# EXERCISE
Search the records below for "then"; copy each line that has it.

____ DATASET EXCERPTS

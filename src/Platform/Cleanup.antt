-- ===== src/Platform/Cleanup.antt =====
-- What `Stop` tears down.
use framekit.Base.{
  ◌≡◌, ap, ◌∙◌, Bool, true, false, not, ◌&&◌, String, is_blank, Option, some, if◌then◌else◌, inl,
  inr, Bool-cases, string_eq, arith,
}
use framekit.Platform.{PlatformHost, WindowHost}
use framekit.Platform.Setup.{PlatformHostRuntime, with_state}
use framekit.Platform.Running.{stop_platform, stop_windows, stop_host, stopped, teardown_failed}

-- A teardown that is only called where there is something to tear down.
abbrev pub torn_down_if : {W : Type 0} → Bool → (W → W × Bool) → W → W × Bool
torn_down_if true call w = call w
torn_down_if false call w = (w, true)

-- The error text after the two teardowns.
abbrev pub teardown_error : String → (windows_done platform_done : Bool) → String
teardown_error error windows_done platform_done =
    if not (is_blank error)
    then error
    else (if not windows_done
        then "window host teardown failed"
        else (if not platform_done then "platform host teardown failed" else error))

stop-teardown_error :
    {W H F : Type 0} (r : PlatformHostRuntime W H F) (platform : PlatformHost W)
    (windows : WindowHost W) (created initialized : Bool)
    → (let (w₁, windows_done) = torn_down_if created windows.teardown_windows r.stage_state.world in
        let (w₂, platform_done) = torn_down_if initialized platform.teardown w₁ in
        (stop_host initialized
          (some platform)
          (stop_windows created (some windows) r)).0.stage_state.last_error
        ≡ teardown_error r.stage_state.last_error windows_done platform_done)
stop-teardown_error r platform windows false false = ground arith
stop-teardown_error r platform windows false true = ground arith
stop-teardown_error r platform windows true false = ground arith
stop-teardown_error {W} r platform windows true true =
    let (w, windows_done) = windows.teardown_windows r.stage_state.world in
    let r' = with_state r (record (r.stage_state) { world = w }) in
    elim windows_done
      as (λ d.
        (stop_host true (some platform) (
          if not d
          then (teardown_failed r' "window host teardown failed", false)
          else (record r' { window_created = false }, true))).0.stage_state.last_error
        ≡ teardown_error r.stage_state.last_error d (platform.teardown w).1) [
          | true ↦ ground arith
          | false ↦ elim (Bool-cases (is_blank r.stage_state.last_error)) [
            | inl blank ↦ rw blank (ground arith)
            | inr noted ↦ rw noted (ground (arith, noted))
          ]
        ]

-- A stop of a runtime with both hosts tears down the window, if there is one, and then the platform,
-- if it is initialized, whether the window's teardown failed or not. It succeeds exactly if the
-- teardowns do; exactly what was not torn down stays to be torn down by a later stop; the runtime
-- does not run any more; and the first failure is the error text, unless there was one before.
pub stop_platform_lem :
    {W H F : Type 0} (r : PlatformHostRuntime W H F) (platform : PlatformHost W)
    (windows : WindowHost W)
    → r.stage_state.platform_host ≡ some platform
    → r.stage_state.window_host ≡ some windows
    → (let (w₁, windows_done) =
          torn_down_if r.window_created windows.teardown_windows r.stage_state.world in
        let (w₂, platform_done) = torn_down_if r.platform_initialized platform.teardown w₁ in
        let (r', ok) = stop_platform r in
        (ok ≡ (windows_done && platform_done))
        × (r'.stage_state.world ≡ w₂)
        × (r'.window_created ≡ not windows_done)
        × (r'.platform_initialized ≡ not platform_done)
        × (r'.running ≡ false)
        × (r'.stage_state.last_error
            ≡ teardown_error r.stage_state.last_error windows_done platform_done))
unfolding stop_platform
stop_platform_lem {W} r platform windows has_platform has_windows = (
  ground arith,
  ground arith,
  ground arith,
  ground arith,
  ground arith,
  elim (Bool-cases (not r.running && not r.platform_initialized && not r.window_created)) [
    | inl e ↦ ground arith
    | inr e ↦
        ap
          (λ (b : Bool).
            (if b
              then (r, true)
              else stopped (
                  stop_host r.platform_initialized r.stage_state.platform_host (
                    stop_windows r.window_created r.stage_state.window_host
                      r))).0.stage_state.last_error)
          e
        ∙ ap
            (λ (host : Option (PlatformHost W)).
              (stop_host r.platform_initialized host (
                stop_windows r.window_created r.stage_state.window_host
                  r)).0.stage_state.last_error)
            has_platform
        ∙ ap
            (λ (host : Option (WindowHost W)).
              (stop_host r.platform_initialized (some platform)
                (stop_windows r.window_created host r)).0.stage_state.last_error)
            has_windows
        ∙ stop-teardown_error r platform windows r.window_created r.platform_initialized
  ],
)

________

# SOLUTION TO THIS EXERCISE
  ◌≡◌, ap, ◌∙◌, Bool, true, false, not, ◌&&◌, String, is_blank, Option, some, if◌then◌else◌, inl,
    then error
        then "window host teardown failed"
        else (if not platform_done then "platform host teardown failed" else error))
          then (teardown_failed r' "window host teardown failed", false)
-- A stop of a runtime with both hosts tears down the window, if there is one, and then the platform,
              then (r, true)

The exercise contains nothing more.